See the dedicated mTLS documentation for full setup instructions, per-component cert options, verification steps, and troubleshooting.

The --repo-server-strict-tls flag (deprecated in favor of --repo-server-ca-cert-path)

The --repo-server-strict-tls boolean flag is deprecated across all components: - argocd-server - argocd-application-controller - argocd-applicationset-controller - argocd-notification

Reason for deprecation: The old flag used implicit behavior (automatically loading embedded certificates from /app/config/server/tls/), making it difficult to maintain consistency across components. The new approach is more explicit and aligns with Kubernetes Secret mounting patterns.

Important: This deprecation does NOT affect TLS capabilities. Operators can still configure TLS-only connections (without mTLS) using the new flag.

Migration Guide

The deprecated flag will continue to work in 3.5 (with warnings), but you should migrate to the new approach:

Option 1: Migrate to --repo-server-ca-cert-path (Recommended)

Replace the deprecated flag with an explicit CA certificate path:

# Before (3.4 and earlier):
argocd-server \
  --repo-server-strict-tls

# After (3.5):
argocd-server \
  --repo-server-ca-cert-path=/app/config/server/tls/ca.crt

Kubernetes manifests:

# Before:
spec:
  containers:
  - name: argocd-server
    args:
    - argocd-server
    - --repo-server-strict-tls
    volumeMounts:
    - name: server-tls
      mountPath: /app/config/server/tls

# After:
spec:
  containers:
  - name: argocd-server
    args:
    - argocd-server
    - --repo-server-ca-cert-path=/app/config/server/tls/ca.crt
    volumeMounts:
    - name: server-tls
      mountPath: /app/config/server/tls

Option 2: Use environment variable (Alternative)

Instead of a flag, use the corresponding environment variable:

# Before:
argocd-server --repo-server-strict-tls

# After:
export ARGOCD_SERVER_REPO_SERVER_CA_CERT_PATH=/app/config/server/tls/ca.crt
argocd-server

Option 3: Continue using deprecated flag (Not recommended, temporary only)

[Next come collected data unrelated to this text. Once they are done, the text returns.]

-- ===== src/Alg/Spec/Keys.antt =====
-- Which public areas describe a key, and what each handler of a specifier makes of one.
use tpm2_tools.Alg.Ids.{
  alg_rsa, alg_hmac, alg_aes, alg_keyedhash, alg_xor, alg_null, alg_rsassa, alg_rsaes, alg_rsapss,
  alg_oaep, alg_ecdsa, alg_ecdh, alg_ecdaa, alg_ecschnorr, alg_kdf1_sp800_108, alg_ecc,
  alg_symcipher, alg_camellia,
}
use tpm2_tools.Alg.Hashes.{one_of, is_hash, keyed_hashes, modes, algtostr-hash, algtostr-mode}
use tpm2_tools.Alg.Names.{algtostr-strtoalg}
use tpm2_tools.Alg.Public.{Public, AlgParserRc, error, continue, done}
use tpm2_tools.Alg.Table.{flags_hash, flags_mode, flags_misc}
use tpm2_tools.Alg.{strtoalg}
use tpm2_tools.Base.Bytes.{Bytes}
use tpm2_tools.Base.{
  ℕ, ◌+◌, Bool, true, ◌&&◌, ◌||◌, List, [], ◌∷◌, ◌==◌, if◌then◌else◌, ◌≡◌, ◌≢◌, refl,
}

-- What is accepted where a hash is meant: a hash, or by mistake HMAC or XOR, which share its flag.
unfoldable pub has_hash : ℕ → Bool
has_hash id = is_hash id || one_of keyed_hashes id

unfoldable pub is_mode : ℕ → Bool
is_mode id = one_of modes id || id == alg_null

pub strtoalg-has_hash :
    (name : Bytes) → strtoalg name flags_hash ≢ 0 → has_hash (strtoalg name flags_hash) ≡ true
unfolding has_hash
strtoalg-has_hash name nz = algtostr-hash (strtoalg name flags_hash) (λ e.
    let k = (algtostr-strtoalg flags_hash (strtoalg name flags_hash) name).1 refl nz in
    absurd (cc (e, k)))

pub strtoalg-is_mode :
    (name : Bytes)
    → strtoalg name (flags_mode + flags_misc) ≢ 0
    → is_mode (strtoalg name (flags_mode + flags_misc)) ≡ true
unfolding is_mode
strtoalg-is_mode name nz = algtostr-mode (strtoalg name (flags_mode + flags_misc)) (λ e.
    let flags = flags_mode + flags_misc in
    let k = (algtostr-strtoalg flags (strtoalg name flags) name).1 refl nz in absurd (cc (e, k)))

abbrev pub is_cipher : Public → Bool
is_cipher p = p.sym_algorithm == alg_aes || p.sym_algorithm == alg_camellia

abbrev pub is_sym : Public → Bool
is_sym p = is_cipher p && one_of (128 ∷ 192 ∷ 256 ∷ []) p.sym_key_bits && is_mode p.sym_mode

abbrev pub is_detail : Public → Bool
is_detail p = p.sym_algorithm == alg_null || is_sym p

abbrev pub is_rsa : Public → Bool
is_rsa p =
    p.type == alg_rsa && one_of (1024 ∷ 2048 ∷ 3072 ∷ 4096 ∷ []) p.key_bits && p.exponent == 0

abbrev pub is_ecc : Public → Bool
is_ecc p = p.type == alg_ecc && one_of (1 ∷ 2 ∷ 3 ∷ 4 ∷ 5 ∷ []) p.key_bits && p.kdf == alg_null

-- One of the schemes `ids`, with a hash if it takes one.
abbrev pub is_scheme : List ℕ → Public → Bool
is_scheme ids p =
    p.scheme == alg_null || (one_of ids p.scheme && (p.scheme == alg_rsaes || has_hash p.hash_alg))

abbrev pub rsa_schemes : List ℕ
rsa_schemes = alg_rsaes ∷ alg_rsapss ∷ alg_rsassa ∷ []

abbrev pub ecc_schemes : List ℕ
ecc_schemes = alg_ecdsa ∷ alg_ecdh ∷ alg_ecschnorr ∷ alg_ecdaa ∷ []

-- OAEP, a scheme of RSA keys, which is accepted for ECC keys by mistake.
abbrev pub is_stray_scheme : Public → Bool
is_stray_scheme p = p.scheme == alg_oaep && has_hash p.hash_alg

abbrev pub is_type_scheme : Public → Bool
is_type_scheme p =
    if p.type == alg_rsa
    then is_scheme rsa_schemes p
    else is_scheme ecc_schemes p || is_stray_scheme p

abbrev pub is_asym_object : Public → Bool
is_asym_object p = is_rsa p || is_ecc p

abbrev pub is_unfinished : Public → Bool
is_unfinished p =
    p.type == alg_keyedhash && (p.sym_algorithm == alg_hmac || p.sym_algorithm == alg_xor)

abbrev pub is_keyed : Public → Bool
is_keyed p =
    p.type == alg_keyedhash
    && (p.sym_algorithm == alg_null
        || (has_hash p.sym_key_bits
            && (p.sym_algorithm == alg_hmac
                || (p.sym_algorithm == alg_xor && p.sym_mode == alg_kdf1_sp800_108))))

-- An asymmetric key, a symmetric one, or a keyed hash, with all of its parameters valid, but for the
-- two mistakes above.
unfoldable pub is_key : Public → Bool
is_key p =
    ((is_rsa p || is_ecc p) && is_type_scheme p && is_detail p)
    || (p.type == alg_symcipher && is_sym p)
    || is_keyed p

-- What holds of the public area under each result of a handler.
abbrev pub Yields :
    (Public → Type 0) → (Public → Type 0) → (Public → Type 0) → AlgParserRc × Public → Type 0
Yields E C D (error, p) = E p
Yields E C D (continue, p) = C p
Yields E C D (done, p) = D p

abbrev pub Any : Public → Type 0
Any p = Unit

abbrev pub Never : Public → Type 0
Never p = ⊥

abbrev pub Key : Public → Type 0
Key p = is_key p ≡ true

-- A key whose scheme is still to come.
abbrev pub is_object : Public → Bool
is_object p = is_rsa p || is_ecc p || is_unfinished p

abbrev pub Object : Public → Type 0
Object p = is_object p ≡ true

The flag will continue to work in 3.5 but will issue a deprecation warning. Using both flags together is supported:

# This continues to work in 3.5 (but will show deprecation warning):
argocd-server \
  --repo-server-strict-tls \
  --repo-server-ca-cert-path=/app/config/server/tls/ca.crt

Backward Compatibility

  • Both flags work together using OR semantics: if either is set to true, strict validation is enabled
  • No functionality is lost; TLS validation capabilities remain unchanged
  • The new flag is more explicit and maintainable

Timeline

  • v3.5: Deprecated flag still works (with warnings)
  • v3.6+: Flag may be removed; plan migration accordingly

All components affected (server, application-controller, applicationset-controller, notification-controller) follow the same migration pattern.